# Chlorine



## Akonnon (Nov 14, 2008)

In the area that I live in there is a lot of chlorine is the tap water. My dad was saying that if you leave it left out, open, that it will help reduce the amount of chlorine in the water by a good amount. Has anyone ever heard of doing this? Does it work?


----------



## rainbowgardens (Oct 29, 2008)

I recall being told to do this to water before filling the fish tank. Now we just treat it with chlorine remover.


----------



## Arika'n'Trey (Nov 17, 2008)

Wouldn't you like to save the bit of extra money from chlorine remover by just leaving out the water that you are going to use for a few days, provided it works?


----------



## rainbowgardens (Oct 29, 2008)

Our tank is so big that it takes many five-gallon buckets to fill it. I only have one bucket designated for fish tank cleaning. I would need to set out 3 or 4 overnight, plus have one for cleaning out the old water first. keeping that many buckets around wouldn't work for me.


----------



## BillS (May 30, 2011)

Akonnon said:


> In the area that I live in there is a lot of chlorine is the tap water. My dad was saying that if you leave it left out, open, that it will help reduce the amount of chlorine in the water by a good amount. Has anyone ever heard of doing this? Does it work?


Yes, if you leave the water out the chlorine will leave the water. Putting water into a container with the most surface area will make it happen the fastest. So shallow, long, and wide is better than deep and narrow.


----------



## OldCootHillbilly (Jul 9, 2010)

Yup it will. That be why when ya goto a motel an ya smell the chlorine from the pool. That an generally they be usin to much chlorine.


----------



## Highwater (Mar 22, 2011)

Yes, it will work but I prefer to filter out the chemical treatment in my water with a countertop filter that removes chlorine and a lot of other contaminants including radioactive particles.

TRAP radiation filter


----------



## LincTex (Apr 1, 2011)

Pour the water back and forth between two clean buckets. The more air you get into the water (bubbles) the more chlorine gas you will bubble off.


----------



## Wellrounded (Sep 25, 2011)

A cheap aquarium air pump will also speed up the process, as will having the water at room temperature.


----------



## biobacon (Aug 20, 2012)

I just learned something, thanks yall


----------



## Ssejors (Sep 12, 2012)

Wellrounded said:


> A cheap aquarium air pump will also speed up the process, as will having the water at room temperature.


Awesome idea. Thanks!


----------



## drfacefixer (Mar 8, 2013)

Wellrounded said:


> A cheap aquarium air pump will also speed up the process, as will having the water at room temperature.

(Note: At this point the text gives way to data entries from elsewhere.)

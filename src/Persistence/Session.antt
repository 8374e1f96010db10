-- ===== src/Persistence/Session.antt =====
-- A session of SQLAlchemy over the tables, inside one transaction. A table is the list of its rows,
-- the newest first, and a query without an order returns them so. `uuid` is the sequence of what
-- `uuid4` returns, and the database keeps how many were drawn.
pub mod Queries
use clock_ha_orchestrator.Prelude.{
  ℕ, ◌+◌, Bool, true, false, ◌&&◌, ◌||◌, Option, none, some, List, [], ◌∷◌, map, ltb, ◌==◌,
  if◌then◌else◌,
}
use clock_ha_orchestrator.Prelude.Results.{Result, ok, err}
use clock_ha_orchestrator.Outbox.Store.{OutboxEvent}
use clock_ha_orchestrator.Persistence.Rows.{
  PropertyRow, RoomRow, BookingRow, AssignmentRow, RoomStateRow, OverrideRow, CursorRow, SyncRunRow,
  AuditEvent,
}

pub record Database : Type 0 where
  pub properties : List PropertyRow
  pub rooms : List RoomRow
  pub bookings : List BookingRow
  pub assignments : List AssignmentRow
  pub room_states : List RoomStateRow
  pub overrides : List OverrideRow
  pub cursors : List CursorRow
  pub sync_runs : List SyncRunRow
  pub outbox_events : List OutboxEvent
  pub audit_events : List AuditEvent
  pub drawn : ℕ

-- `scalar_one_or_none` of a query that a unique constraint lets find one row at most.
abbrev pub find {ℓ} : {A : Type ℓ} → (A → Bool) → List A → Option A
find p [] = none
find p (x ∷ xs) = if p x then some x else find p xs

-- An assignment to the attributes of the rows that a query finds.
abbrev pub update_where {ℓ} : {A : Type ℓ} → (A → Bool) → (A → A) → List A → List A
update_where p change rows = map (λ r. if p r then change r else r) rows

-- `order_by(time.desc(), id.desc()).limit(1)`
abbrev pub later {ℓ} : {A : Type ℓ} → (A → ℕ) → (A → ℕ) → A → A → Bool
later time id x y = ltb (time y) (time x) || (time x == time y && ltb (id y) (id x))

abbrev pub newest_of {ℓ} : {A : Type ℓ} → (A → ℕ) → (A → ℕ) → A → Option A → A
newest_of time id x none = x
newest_of time id x (some y) = if later time id x y then x else y

abbrev pub newest {ℓ} : {A : Type ℓ} → (A → ℕ) → (A → ℕ) → List A → Option A
newest time id [] = none
newest time id (x ∷ xs) = some (newest_of time id x (newest time id xs))

-- The database engine may refuse the rows that a transaction changed, by a constraint of the schema or
-- because a JSON column does not take a payload. `takes` is the engine's answer for the tables before
-- the transaction and after it; a refusal is an exception, and the transaction is rolled back.
pub data StoreError : Type 0 where
  not_stored : StoreError

abbrev pub stored :
    {A : Type 0}
    → (Database → Database → Bool)
    → Database
    → Database × A
    → Result StoreError (Database × A)
stored takes db r = if takes db r.0 then ok r else err not_stored

abbrev pub add_audit : AuditEvent → Database → Database
add_audit e db = record db { audit_events = e ∷ db.audit_events }

-- `session.add` of a row whose id is drawn when it is flushed.
module _ (uuid : ℕ → ℕ) where
  abbrev pub add_override : (ℕ → OverrideRow) → Database → Database
  add_override make db = record db {
    overrides = make (uuid db.drawn) ∷ db.overrides;
    drawn = db.drawn + 1;
  }

  abbrev pub add_event : (ℕ → OutboxEvent) → Database → Database
  add_event make db = record db {
    outbox_events = make (uuid db.drawn) ∷ db.outbox_events;
    drawn = db.drawn + 1;
  }

  abbrev pub add_room_state : (ℕ → RoomStateRow) → Database → Database
  add_room_state make db = record db {
    room_states = make (uuid db.drawn) ∷ db.room_states;
    drawn = db.drawn + 1;
  }

  abbrev pub add_assignment : (ℕ → AssignmentRow) → Database → Database
  add_assignment make db = record db {
    assignments = make (uuid db.drawn) ∷ db.assignments;
    drawn = db.drawn + 1;
  }

  abbrev pub add_booking : (ℕ → BookingRow) → Database → Database
  add_booking make db = record db {
    bookings = make (uuid db.drawn) ∷ db.bookings;
    drawn = db.drawn + 1;
  }

  abbrev pub add_room : (ℕ → RoomRow) → Database → Database
  add_room make db = record db { rooms = make (uuid db.drawn) ∷ db.rooms; drawn = db.drawn + 1 }

  abbrev pub add_property : (ℕ → PropertyRow) → Database → Database
  add_property make db = record db {
    properties = make (uuid db.drawn) ∷ db.properties;
    drawn = db.drawn + 1;
  }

I also read in a prepper guide to use a hand mixer/ egg beater to aerate and agitate for taste. That comment was probably to weed out less thoughtful people that might try to hold an electric mixer over a vat of water for a time.


----------



## LincTex (Apr 1, 2011)

drfacefixer said:


> That comment was probably to weed out less thoughtful people that might try to hold an electric mixer over a vat of water for a time.


That, or to get people to "think". Pouring between two buckets is far less work!


----------